I can not find in either my memory or in the modern record much that is close to the brutality and lawlessness exhibited by our government during these demonstrations. On other hand, seldom have so many so swiftly decided to become engaged -- not merely to petition or stand in the street but to risk tear gas, rubber bullets, sordid imprisonment, and torture, and to be personally and politically transformed.
It wasn't just the young. One of the most remarkable events of the Washington demonstrations occurred with only one cop and a handful of media in attendance -- as 700 steelworkers gave a warm standing ovation to the student activists in their midst. From the generational schisms of the 1960s to the hard-hatted Reagan-Democrat antipathies of the 1980s, it had become widely assumed that students and union members were the Serbs and Albanians of American politics.

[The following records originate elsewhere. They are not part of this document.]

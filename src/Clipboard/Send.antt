-- ===== src/Clipboard/Send.antt =====
-- From one peer's clipboard to the other's: what `prepare_local_text` writes, `receive` hands out.
use hbb_common.Common.{
  ℕ, ◌+◌, ◌^◌, ◌<◌, ◌≡◌, refl, sym, ap, ◌∙◌, arith, inl, inr, Bool, true, false, not, some,
  Option-cases, List, ◌∷◌, length, All, leb, bytes_eq, Outcome, ok, err, panic, ◌>>=◌, ◌>>◌,
  reject_if, ok-injective, subst,
}
use hbb_common.Common.Bytes.{IsByte}
use hbb_common.Clipboard.State.{
  ClipboardText, ClipboardError, ClipboardState, can_send, can_receive, permission_denied,
  sequence_exhausted, encode_clipboard_text, decode_clipboard_text, prepare_local_text, lookup,
  assign, receive, receive_remote,
}
use hbb_common.Clipboard.Fields.{IsText}
use hbb_common.Clipboard.Wire.{decode_clipboard_text_iff}
use hbb_common.Clipboard.Step.{last}

-- The text that a state sends next.
abbrev pub next_text : ClipboardState → List ℕ → ClipboardText
next_text s text = record {
  origin_id = s.local_origin_id;
  change_sequence = s.next_local_sequence;
  text = text;
}

prepare_local_text-eq-ok :
    (s u : ClipboardState) (text payload : List ℕ)
    → prepare_local_text s text ≡ ok (payload, u)
    → (encode_clipboard_text s.local_origin_id s.next_local_sequence text s.max_bytes ≡ ok payload)
      × (u ≡ record s { next_local_sequence = s.next_local_sequence + 1 })
unfolding prepare_local_text
prepare_local_text-eq-ok s u text payload h =
    by_steps (can_send s.permission)
      (encode_clipboard_text s.local_origin_id s.next_local_sequence text s.max_bytes)
      (leb (2 ^ 64) (s.next_local_sequence + 1)) refl h
  where
    sent : List ℕ → Outcome ClipboardError (List ℕ × ClipboardState)
    sent p = ok (p, record s { next_local_sequence = s.next_local_sequence + 1 })

    sent_inversion :
        (p : List ℕ)
        → encode_clipboard_text s.local_origin_id s.next_local_sequence text s.max_bytes ≡ ok p
        → sent p ≡ ok (payload, u)
        → (encode_clipboard_text s.local_origin_id s.next_local_sequence text s.max_bytes
            ≡ ok payload)
          × (u ≡ record s { next_local_sequence = s.next_local_sequence + 1 })
    sent_inversion p e k =
        let same = ok-injective _ _ k in
        (
          e ∙ ap (λ (x : List ℕ × ClipboardState). ok x.0) same,
          sym (ap (λ (x : List ℕ × ClipboardState). x.1) same),
        )

    by_steps :
        (b : Bool) (o : Outcome ClipboardError (List ℕ)) (full : Bool)
        → encode_clipboard_text s.local_origin_id s.next_local_sequence text s.max_bytes ≡ o
        → (do reject_if (not b) permission_denied; p ← o; reject_if full sequence_exhausted; sent p)
          ≡ ok (payload, u)
        → (encode_clipboard_text s.local_origin_id s.next_local_sequence text s.max_bytes
            ≡ ok payload)
          × (u ≡ record s { next_local_sequence = s.next_local_sequence + 1 })
    by_steps false o full e k = cc
    by_steps true (err x) full e k = cc
    by_steps true panic full e k = cc
    by_steps true (ok p) true e k = cc
    by_steps true (ok p) false e k = sent_inversion p e k

-- A message that is newer than what is recorded of its origin, with room for one more origin.
receive_remote-newer :
    (r : ClipboardState) (t : ClipboardText)
    → last t.origin_id r.remote_sequences < t.change_sequence
    → length r.remote_sequences < 8
    → (q : ClipboardState) × (receive_remote r t (lookup t.origin_id r.remote_sequences)
        ≡ ok (some t, q))
unfolding receive_remote last
receive_remote-newer r t newer room = elim (Option-cases (lookup t.origin_id r.remote_sequences)) [
  | inl e ↦ (
    record r { remote_sequences = (t.origin_id, t.change_sequence) ∷ r.remote_sequences },
    rw e (ground arith),
  )
  | inr (n, e) ↦ (
    record r { remote_sequences = assign t.origin_id t.change_sequence r.remote_sequences },
    ground (arith, e, newer),
  )
]

-- A text that one peer sends, the other hands out: when `prepare_local_text` gives a payload, the sender
-- counts one text more, and a peer of another origin that may receive, has the same size limit,
-- has recorded only older texts of the sender and has room for one more origin hands out exactly
-- the sender's origin, number and text. The sender's origin has 16 bytes, its number is a `u64`,
-- the text is UTF-8, and the payload is a byte string.
pub receive-prepare_local_text :
    (s u r : ClipboardState) (text payload : List ℕ)
    → prepare_local_text s text ≡ ok (payload, u)
    → IsText (next_text s text)
    → All IsByte payload
    → can_receive r.permission ≡ true
    → r.max_bytes ≡ s.max_bytes
    → bytes_eq s.local_origin_id r.local_origin_id ≡ false
    → last s.local_origin_id r.remote_sequences < s.next_local_sequence
    → length r.remote_sequences < 8
    → (u ≡ record s { next_local_sequence = s.next_local_sequence + 1 })
      × ((q : ClipboardState) × (receive r payload ≡ ok (some (next_text s text), q)))
unfolding receive
receive-prepare_local_text s u r text payload h valid bytes may limit other newer room =
    let (encoded, counted) = prepare_local_text-eq-ok s u text payload h in
    let decoded =
      (decode_clipboard_text_iff payload s.max_bytes (next_text s text) bytes).1 (valid, encoded) in
    let (q, handed) = receive_remote-newer r (next_text s text) newer room in
    let at_peer =
      subst (λ (n : ℕ). decode_clipboard_text payload n ≡ ok (next_text s text)) (sym limit)
        decoded in
    (counted, (q, rw (may, at_peer, other) handed))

But the sweatshops abroad and the neo-robber barons at home took care of that -- to the point that a burly George Becker, International President of the Steelworkers could stand before his members and declare, "These are my sons and granddaughters. This is my family." And the members applauded.
"Every generation has to reestablish itself," said Becker. "Each generation is tested again and again on its resolve."
Looking at the students in the hall, he remarked, "We know that when we pass the mantle, it will be in good hands."